HOCKEY SUR GLACE
«Je veux rester»
Trois buts et un assist: samedi à Coire, Alexandre Tremblay (28 ans) a signé son retour de la pointe de sa canne. L'attaquant québécois venait de tirer un trait sur sept matches de championnat
pour soigner des adducteurs douloureux.
Laurent kleisl
Un seul être vous manque... Le HC Bienne avec ou sans Tremblay, ce n'est pas pareil. Malgré toute sa bonne volonté, l'Américain Brian Felsner est resté à des années-lumière du rendement du
Québécois. Et pour son come-back, Sir Alex a grandement contribué à la victoire seelandaise, samedi à Coire (7-4). «Brian a réalisé deux bons derniers matches, note l'entraîneur Heinz Ehlers.
Mais avec Alex, c'est différent, c'est un autre genre de joueur avec sa vitesse et son sens du but. Alex, c'est une grande part de l'équipe.» On appelle cela un beau compliment.
Alexandre Tremblay, ça fait du bien de vous revoir sur patins!
J’avais tellement hâte. Dans ma carrière, je n’ai jamais connu de grosse blessure. Mais un mois sans jouer, c’est
long...
Vous vous êtes blessé le 20 septembre face à la Suisse M20. Qu’avez-vous fait ces quatre dernières semaines?

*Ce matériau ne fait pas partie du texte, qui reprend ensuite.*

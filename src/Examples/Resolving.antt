-- ===== src/Examples/Resolving.antt =====
-- Queries that are blocked, passed on, forwarded and served from the cache.
use hydra_dns.Config.{FilteringConfig}
use hydra_dns.Base.{
  ℕ, suc, ◌+◌, ◌-◌, ◌≤◌, ◌<◌, max, ◌≡◌, ◌↔◌, refl, arith, [], ◌∷◌, ◌++◌, List, length, take, Bool,
  true, false, if◌then◌else◌, Option, none, some, ok, Succeeds, Bytes, All, IsByte,
}
use hydra_dns.Base.Int.{ℤ, pos}
use hydra_dns.Dns.Header.{parse_header}
use hydra_dns.Dns.Packet.{Packet}
use hydra_dns.Filtering.Policy.{
  PolicyEngine, BlocklistUrl, new_policy_engine, load_blocklist, evaluate,
}
use hydra_dns.Resolvers.Answer.{answered, failed, Resolver, upstream, filtered_blocked, no_resolver}
use hydra_dns.Resolvers.Filtered.{blocked_answer}
use hydra_dns.Resolvers.Filtered.Blocked.{blocked_header, parse_header-blocked_answer}
use hydra_dns.Resolvers.Chained.{chained_resolve}
use hydra_dns.Resolvers.Chained.First.{FirstAnswer, chained_resolve_answered_iff}
use hydra_dns.Dns.Packet.{parse_packet}
use hydra_dns.Resolvers.Answer.{custom_dns}
use hydra_dns.Base.Table.{table_get}
use hydra_dns.Resolvers.Custom.{
  Addr, v4, v6, CustomDnsResolver, normalize_host, matching_records, custom_packet, custom_resolve,
}
use hydra_dns.Resolvers.Custom.Answers.{answer_packet, custom_resolve-parsed}
use hydra_dns.Resolvers.Reloadable.{new_reloadable}
use hydra_dns.Dns.Record.{Record, ip_record, marshal_record}
use hydra_dns.Dns.Record.Written.{IsRecord}
use hydra_dns.Resolvers.Ageing.{age_record, adjust_ttls}
use hydra_dns.Resolvers.Ageing.Records.{aged_record, age_record-marshal_record}
use hydra_dns.Resolvers.Ageing.Kept.{Keeps, adjust_ttls-Succeeds}
use hydra_dns.Resolvers.Forwarding.{Network, ForwardingResolver, new_forwarding_resolver}
use hydra_dns.Resolvers.Forwarding.Query.{alone, forwarding_resolve}
use hydra_dns.Resolvers.Forwarding.Sound.{IsSound}
use hydra_dns.Resolvers.Forwarding.Safe.{
  RepliesSoundly, forwarding_resolve-RepliesSoundly, made, resolved, ForwardingReachable-IsSound,
}
use hydra_dns.Server.Runner.{policy_config, build_policy_engine, ChainState, build_resolver_chain}
use hydra_dns.Server.Runner.Serving.{PolicyServes, built, loaded, blocked_by}
use hydra_dns.Server.Runner.Chain.{custom_else_forwarded, build_resolver_chain_lem}
use hydra_dns.Examples.Messages.{query, query_header, query_wire, question, response_wire}

-- An upstream that answers every query with the response; its state counts them.
abbrev network : Network ℕ
network = record {
  clock = λ w i. w + i;
  query_one = λ up b w. (some response_wire, suc w);
  cancelled = λ w. false;
}

abbrev forwarder : ForwardingResolver
forwarder = new_forwarding_resolver [] (pos 0) (pos 0) true (pos 0) (pos 0) (pos 0)

forwarding_resolve-RepliesSoundly_example :
    RepliesSoundly network query (forwarding_resolve network alone query query_wire forwarder 0)
forwarding_resolve-RepliesSoundly_example =
    forwarding_resolve-RepliesSoundly network alone query query_wire forwarder 0 question [] refl tt
      (ForwardingReachable-IsSound network forwarder
        (made [] (pos 0) (pos 0) true (pos 0) (pos 0) (pos 0)))

abbrev queried : ForwardingResolver
queried = (forwarding_resolve network alone query query_wire forwarder 0).1

ForwardingReachable-IsSound_example : IsSound network queried
ForwardingReachable-IsSound_example = ForwardingReachable-IsSound network queried (
    resolved forwarder alone query query_wire 0 question []
      (made [] (pos 0) (pos 0) true (pos 0) (pos 0) (pos 0)) refl tt)

adjust_ttls-Succeeds_example : Succeeds (Keeps response_wire) (adjust_ttls response_wire 5000000000)
adjust_ttls-Succeeds_example = adjust_ttls-Succeeds response_wire 5000000000

-- `a` at 192.0.2.1 for five minutes, and its wire form.
abbrev local_record : Record
local_record = ip_record (record { name = 97 ∷ []; class = 1; ttl = 300 }) (192 ∷ 0 ∷ 2 ∷ 1 ∷ [])

abbrev record_wire : Bytes
record_wire = 1 ∷ 97 ∷ 0 ∷ 0 ∷ 1 ∷ 0 ∷ 1 ∷ 0 ∷ 0 ∷ 1 ∷ 44 ∷ 0 ∷ 4 ∷ 192 ∷ 0 ∷ 2 ∷ 1 ∷ []

record_written : marshal_record local_record ≡ ok record_wire
unfolding marshal_record hydra_dns.Dns.Record.marshal_rdata hydra_dns.Dns.Record.marshal_ip
    hydra_dns.Dns.Record.to4 hydra_dns.Dns.Record.marshal_record_with_rdata
    hydra_dns.Dns.Record.ip_type hydra_dns.Dns.Record.record_type hydra_dns.Dns.Record.record_header
    hydra_dns.Dns.Record.owner_wire hydra_dns.Dns.Record.fixed_fields hydra_dns.Dns.Name.encode_name
    hydra_dns.Dns.Name.encode_trimmed hydra_dns.Dns.Name.trim_dot hydra_dns.Dns.Name.encode_loop
    hydra_dns.Dns.Name.append_label hydra_dns.Dns.Name.any_non_ascii hydra_dns.Base.put_uint16
    hydra_dns.Base.put_uint32 hydra_dns.Convert.clamp_int_to_uint16
record_written = refl

local_record-IsRecord : IsRecord local_record
unfolding hydra_dns.Dns.Record.record_header
local_record-IsRecord = record { class_fits = omega arith; ttl_fits = omega arith; type_fits = tt }

age_record-marshal_record_example :
    (aged : Bytes) × (marshal_record (aged_record 60 local_record) ≡ ok aged)
    × (age_record 60 ((0 ∷ []) ++ (record_wire ++ [])) 1 ≡ ok (some ((0 ∷ []) ++ (aged ++ []), 18)))
age_record-marshal_record_example =
    age_record-marshal_record 60 local_record record_wire (0 ∷ []) [] (omega arith)
      local_record-IsRecord record_written

-- `a` with NXDOMAIN, QR, RD and RA.
abbrev blocked_wire : Bytes
blocked_wire =
    0x12 ∷ 0x34 ∷ 0x81 ∷ 0x83 ∷ 0 ∷ 1 ∷ 0 ∷ 0 ∷ 0 ∷ 0 ∷ 0 ∷ 0 ∷ 1 ∷ 97 ∷ 0 ∷ 0 ∷ 1 ∷ 0 ∷ 1 ∷ []

query_blocked : blocked_answer query ≡ answered blocked_wire filtered_blocked
unfolding blocked_answer hydra_dns.Dns.Packet.marshal_packet hydra_dns.Dns.Packet.marshal_all
    hydra_dns.Resolvers.Filtered.build_blocked_response hydra_dns.Dns.Question.marshal_question
    hydra_dns.Dns.Name.encode_name hydra_dns.Dns.Name.encode_trimmed hydra_dns.Dns.Name.trim_dot
    hydra_dns.Dns.Name.encode_loop hydra_dns.Dns.Name.append_label hydra_dns.Dns.Name.any_non_ascii
    hydra_dns.Dns.Header.marshal hydra_dns.Base.put_uint16 hydra_dns.Dns.Packet.counted_header
    hydra_dns.Resolvers.Filtered.build_blocked_flags hydra_dns.Convert.clamp_int_to_uint16
query_blocked = refl

parse_header-blocked_answer_example :
    parse_header blocked_wire 0 ≡ ok (blocked_header query_header 1, 12)
parse_header-blocked_answer_example =
    parse_header-blocked_answer query blocked_wire filtered_blocked (omega arith) (omega arith)
      (omega arith) query_blocked

abbrev failing : Resolver ℕ
failing req req_bytes w = (failed no_resolver, suc w)

abbrev answering : Resolver ℕ
answering req req_bytes w = (answered response_wire upstream, suc w)

chained_resolve_answered_iff_example :
    (chained_resolve (λ w. false) (failing ∷ answering ∷ failing ∷ []) query query_wire 0
      ≡ (answered response_wire upstream, 2))
    ↔ FirstAnswer
        (λ w. false)
        query
        query_wire
        response_wire
        upstream
        2
        (failing ∷ answering ∷ failing ∷ [])
        0
chained_resolve_answered_iff_example =
    chained_resolve_answered_iff (λ w. false) query query_wire response_wire upstream 2
      (failing ∷ answering ∷ failing ∷ []) 0

-- The name of the query is blocked.
abbrev filter : FilteringConfig
filter = record {
  enabled = true;
  log_blocked = false;
  log_allowed = false;
  whitelist_domains = [];
  blacklist_domains = (97 ∷ []) ∷ [];
  blocklists = record { name = b'l' ∷ []; url = b'u' ∷ []; format = [] } ∷ [];
  refresh_interval = [];
}

-- No text is a duration.
abbrev no_duration : Bytes → Option ℤ
no_duration text = none

abbrev policy : PolicyEngine
policy = new_policy_engine (policy_config no_duration filter)

policy_built : build_policy_engine no_duration (some filter) ≡ some policy
unfolding build_policy_engine
policy_built = refl

-- The remote list could not be loaded.
abbrev remote_list : BlocklistUrl
remote_list = record { name = b'l' ∷ []; url = b'u' ∷ []; format = 0 }

abbrev served_policy : PolicyEngine
served_policy = load_blocklist 5 remote_list none policy

abbrev served_history : PolicyServes no_duration filter served_policy
served_history = loaded policy 5 remote_list none (built policy policy_built) tt

abbrev at_start : ChainState ℕ
at_start = record { custom = new_reloadable none; forwarding = forwarder; world = 0 }

build_resolver_chain_lem_example :
    let r = build_resolver_chain network alone query query_wire (some served_policy, at_start) in
    (r.0 ≡ (
      if blocked_by served_history (97 ∷ [])
      then blocked_answer query
      else (custom_else_forwarded network alone query query_wire at_start).0))
    × (r.1.0 ≡ some (evaluate (97 ∷ []) served_policy).1)
    × (r.1.1 ≡ (
        if blocked_by served_history (97 ∷ [])
        then at_start
        else (custom_else_forwarded network alone query query_wire at_start).1))
build_resolver_chain_lem_example =
    build_resolver_chain_lem network alone no_duration filter served_policy query query_wire
      at_start question [] served_history refl refl

-- `a` at 192.0.2.1 and at the loopback address of IPv6.
abbrev local_addrs : List Addr
local_addrs =
    v4 (192 ∷ 0 ∷ 2 ∷ 1 ∷ [])
    ∷ v6 (0 ∷ 0 ∷ 0 ∷ 0 ∷ 0 ∷ 0 ∷ 0 ∷ 0 ∷ 0 ∷ 0 ∷ 0 ∷ 0 ∷ 0 ∷ 0 ∷ 0 ∷ 1 ∷ [])
    ∷ []

abbrev local_names : CustomDnsResolver
local_names = record { hosts = (97 ∷ [], local_addrs) ∷ []; cnames = [] }

abbrev local_wire : Bytes
local_wire =
    0x12 ∷ 0x34 ∷ 0x84 ∷ 0x00 ∷ 0 ∷ 1 ∷ 0 ∷ 1 ∷ 0 ∷ 0 ∷ 0 ∷ 0 ∷ 1 ∷ 97 ∷ 0 ∷ 0 ∷ 1 ∷ 0 ∷ 1 ∷ 1 ∷ 97
    ∷ 0 ∷ 0 ∷ 1 ∷ 0 ∷ 1 ∷ 0 ∷ 0 ∷ 14 ∷ 16 ∷ 0 ∷ 4 ∷ 192 ∷ 0 ∷ 2 ∷ 1 ∷ []

local_answered : custom_resolve local_names query ≡ answered local_wire custom_dns
unfolding custom_resolve table_get hydra_dns.Base.bytes_eq normalize_host
    hydra_dns.Dns.Name.trim_suffix_dot hydra_dns.Dns.Name.to_lower hydra_dns.Base.Text.trim_space
    hydra_dns.Base.Text.trim_left hydra_dns.Base.Text.trim_right
    hydra_dns.Resolvers.Custom.build_address_response matching_records
    hydra_dns.Resolvers.Custom.matches_query_type hydra_dns.Dns.Packet.marshal_packet
    hydra_dns.Dns.Packet.marshal_all custom_packet hydra_dns.Dns.Question.marshal_question
    hydra_dns.Dns.Name.encode_name hydra_dns.Dns.Name.encode_trimmed hydra_dns.Dns.Name.trim_dot
    hydra_dns.Dns.Name.encode_loop hydra_dns.Dns.Name.append_label hydra_dns.Dns.Name.any_non_ascii
    hydra_dns.Dns.Header.marshal hydra_dns.Base.put_uint16 hydra_dns.Base.put_uint32
    hydra_dns.Dns.Packet.counted_header hydra_dns.Convert.clamp_int_to_uint16
    hydra_dns.Dns.Record.marshal_record hydra_dns.Dns.Record.marshal_record_with_rdata
    hydra_dns.Dns.Record.marshal_rdata hydra_dns.Dns.Record.marshal_ip hydra_dns.Dns.Record.ip_type
    hydra_dns.Dns.Record.record_type hydra_dns.Dns.Record.record_header hydra_dns.Dns.Record.to4
    hydra_dns.Dns.Record.owner_wire hydra_dns.Dns.Record.fixed_fields
    hydra_dns.Resolvers.Custom.send
local_answered = refl

local_known : table_get (normalize_host (97 ∷ [])) local_names.hosts ≡ some local_addrs
unfolding table_get normalize_host hydra_dns.Base.bytes_eq hydra_dns.Dns.Name.trim_suffix_dot
    hydra_dns.Dns.Name.to_lower hydra_dns.Base.Text.trim_space
local_known = refl

local_plain : table_get (normalize_host (97 ∷ [])) local_names.cnames ≡ none
unfolding table_get
local_plain = refl

custom_resolve-parsed_example :
    parse_packet local_wire ≡ ok (answer_packet query question local_addrs)
custom_resolve-parsed_example =
    custom_resolve-parsed local_names query question [] local_addrs local_wire custom_dns refl
      local_plain local_known (omega arith) (omega arith) (omega arith) (omega arith) local_answered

Beaucoup de vélo, à raison de cinq à six séances hebdomadaires, au point
que je suis prêt pour disputer le Tour de France! J’ai essayé de patiner «léger» la première semaine. J’ai tout de suite senti de petites douleurs. J’ai ensuite tenté le coup lors de la troisième
semaine. Le mal était encore trop intense. En réalité, j’ai repris l’entraînement jeudi passé.
Un coup du chapeau pour recommencer, pas mal!
Mes jambes n’ont pas brûlé, cela doit venir du vélo! Pour un match de reprise, je pensais connaître davantage de difficultés. Le physique
a suivi. Je me sens vraiment bien.
Vous être devenu un élément incontournable au HCB. Avez-vous déjà évoqué votre avenir avec les dirigeants?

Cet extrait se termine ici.